Worcestershire Record No. 24 April 2008 pp. 34-35


Garth Lowe

This event would appear to be one of the most severe since another documented flood in 1852. During the intervening years there have been other times when this brook badly overflowed its banks, such as the Easter flood of 1998, when a total of 81.8 mm (3.2 ins.) fell at Old Storridge, over the 8th and 9th April, but did not rise to quite the same peak as this event.

The spring had started with a glorious April with only half an inch of rain recorded, but from the second week in May something akin to monsoon conditions set in, and by the start of this event a total of 337 mm (13.25 ins.) had fallen since May 6th. This resulted in the land being completely saturated, so that all this extra heavy continuous rain went straight into the nearest streams. This extremely unusual wet spell left the countryside looking like it does in the depths of winter, with muddy conditions everywhere, and had the writer continuously wearing wellingtons, when out walking.

The fact that these three months totalled up an incredible 65% of the annual average rainfall, made it look as if the whole years rainfall would eventually be a record. This in fact did not happen, when rainfall fell back to less than normal from Aug. to Dec. and the year although a wet one at 957.5 mm, did not pass the record for Old Storridge of 978.6 mm in 2000. The 40 year average was 726.5 mm up to 2002, but with all the years included to 2007, this has changed to 731.9 mm from 1962-2007.

The Meteorological Office had for some days before July 19th, been forecasting falls of four or more inches of rain and they proved to be exactly right in their predictions. Following this major event, an enquiry to an ongoing local study into rainfall in the Malvern area run by a Mr Frank Hill, found that the upper Leigh Brook catchment had four recording sites. Each rain gauge had recorded over four inches as a total amount for the period, with one site having just less than five inches! All these sites were from Old Storridge to Colwall, and it was inevitable that these sorts of figures would cause untold damage all along the watercourse. One small relieving fact was that the brook reached its peak before darkness fell, and those having to escape inundation, were able to leave their homes in daylight.
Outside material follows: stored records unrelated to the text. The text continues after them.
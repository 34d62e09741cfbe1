-- ===== src/AccountKeys.antt =====
-- src/account_keys.zig: the keys that are derived from an account's entropy pool.
use libsignal_zig.Prelude.{
  ℕ, zero, suc, ◌%◌, ◌<◌, ◌≡◌, refl, ap, Bool, true, false, ◌&&◌, ◌||◌, ◌==◌, not, [], ◌∷◌, length,
  map, get_or, min, arith,
}
use libsignal_zig.Prelude.Bytes.{Bytes, ascii}
use libsignal_zig.Prelude.Result.{Result, ok, ◌>>◌, fail_if, invalid_argument}
use libsignal_zig.Crypto.{Crypto}

abbrev pub entropy_pool_len : ℕ
entropy_pool_len = 64

abbrev pub entropy_alphabet : Bytes
entropy_alphabet = ascii "abcdefghijklmnopqrstuvwxyz234567"

unfoldable pub generate_pool : Bytes → Bytes
generate_pool raw = map (λ b. get_or entropy_alphabet (b % length entropy_alphabet) 0) raw

-- `mem.indexOfScalar(u8, alphabet, c) != null`
unfoldable pub occurs : ℕ → Bytes → Bool
occurs c [] = false
occurs c (x ∷ xs) = c == x || occurs c xs

-- The loop of `fromString`.
unfoldable pub in_alphabet : Bytes → Bool
in_alphabet [] = true
in_alphabet (c ∷ s) = occurs c entropy_alphabet && in_alphabet s

unfoldable pub pool_from_string : Bytes → Result Bytes
pool_from_string s = do
  fail_if (not (length s == entropy_pool_len)) invalid_argument
  fail_if (not (in_alphabet s)) invalid_argument
  ok s

module _ (crypto : Crypto) where
  unfoldable pub pool_derive : Bytes → Bytes → ℕ → Bytes
  pool_derive pool info out_len =
      crypto.hkdf_expand (min out_len 255) info (crypto.hkdf_extract [] pool)

  unfoldable pub derive_svr_key : Bytes → Bytes
  derive_svr_key pool = pool_derive pool (ascii "20231003_Signal_SVR_MasterKey") 32

  unfoldable pub derive_backup_key : Bytes → Bytes
  derive_backup_key pool = pool_derive pool (ascii "20231003_Signal_BackupKey") 32

  unfoldable pub derive_media_encryption_key : Bytes → Bytes
  derive_media_encryption_key backup_key =
      crypto.hkdf_expand 32 (ascii "20231003_Signal_Backups.MediaEncryptionKey")
        (crypto.hkdf_extract backup_key backup_key)

get_or-occurs : (xs : Bytes) (i : ℕ) → i < length xs → occurs (get_or xs i 0) xs ≡ true
unfolding occurs
get_or-occurs [] i h = absurd (omega arith)
get_or-occurs (x ∷ xs) zero h = ground arith
get_or-occurs (x ∷ xs) (suc i) h = ground (arith, get_or-occurs xs i (omega arith))

length-entropy_alphabet : length entropy_alphabet ≡ 32
unfolding ascii
length-entropy_alphabet = refl

in_alphabet-generate_pool : (raw : Bytes) → in_alphabet (generate_pool raw) ≡ true
unfolding in_alphabet generate_pool
in_alphabet-generate_pool [] = refl
in_alphabet-generate_pool (b ∷ raw) = rw (
  get_or-occurs entropy_alphabet (b % length entropy_alphabet)
      (omega (arith, length-entropy_alphabet)),
  in_alphabet-generate_pool raw,
)

length-generate_pool : (raw : Bytes) → length (generate_pool raw) ≡ length raw
unfolding generate_pool
length-generate_pool [] = refl
length-generate_pool (b ∷ raw) = ap suc (length-generate_pool raw)

-- A pool that is generated is parsed as it stands.
pub pool_from_string-generate_pool :
    (raw : Bytes)
    → length raw ≡ entropy_pool_len
    → pool_from_string (generate_pool raw) ≡ ok (generate_pool raw)
unfolding pool_from_string
pool_from_string-generate_pool raw size =
    rw (length-generate_pool raw, size, in_alphabet-generate_pool raw)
The fact that this event was on a Friday, meant numerous people were at work and children were at school, leading to many having great difficulty returning home, and some even having to find alternative accommodation for the night. Severe road congestion took place where the brook flowed over the busy A4103 in Cradley, instead of under it, causing many motorists to be stranded for the night!

Vehicles were abandoned all over the area; some had to be left in the floodwater, when the engines died. At Stiffords Bridge, on the A4103, in Cradley one car floated up and was left suspended on a low wall. Much to everyone’s surprise this car started perfectly well after the flood and it was driven away! At Mousehole Bridge, on the Alfrick and Suckley Parish boundary, a similar thing happened when another abandoned 4x4 vehicle broke down and was later washed a hundred yards across a large field by the force of the rising waters.

In Old Storridge one kind family, when they were prevented from getting home, gave their house to the flood victims from a brookside cottage called Nightingale Bower. In 1998 at this same cottage, which is situated at the end of the Knapp and Papermill Reserve, the floodwater removed the domestic gas tank and swept it a half a mile, to eventually leave it upright on Pivany Bridge also in the reserve. It was then eventually replaced on a firmer concrete base but even this was not enough in the latest flood. It was eventually lifted including the base, and taken a shorter distance leaving it just below the old ford, but on its side this time. It was eventually removed, but the concrete base was left for future passers by to guess as to its origin, in this remote part of the valley.


This watercourse also passes through the older part of Cradley village, where it is actually called the Cradley Brook or an even older name was the River Rundle! Here it was the half timbered village shop and post office that suffered the worst with water entering the store, unheard of before in living memory. On the opposite side of the village near the end of Chapel Lane, other dwellings were badly damaged.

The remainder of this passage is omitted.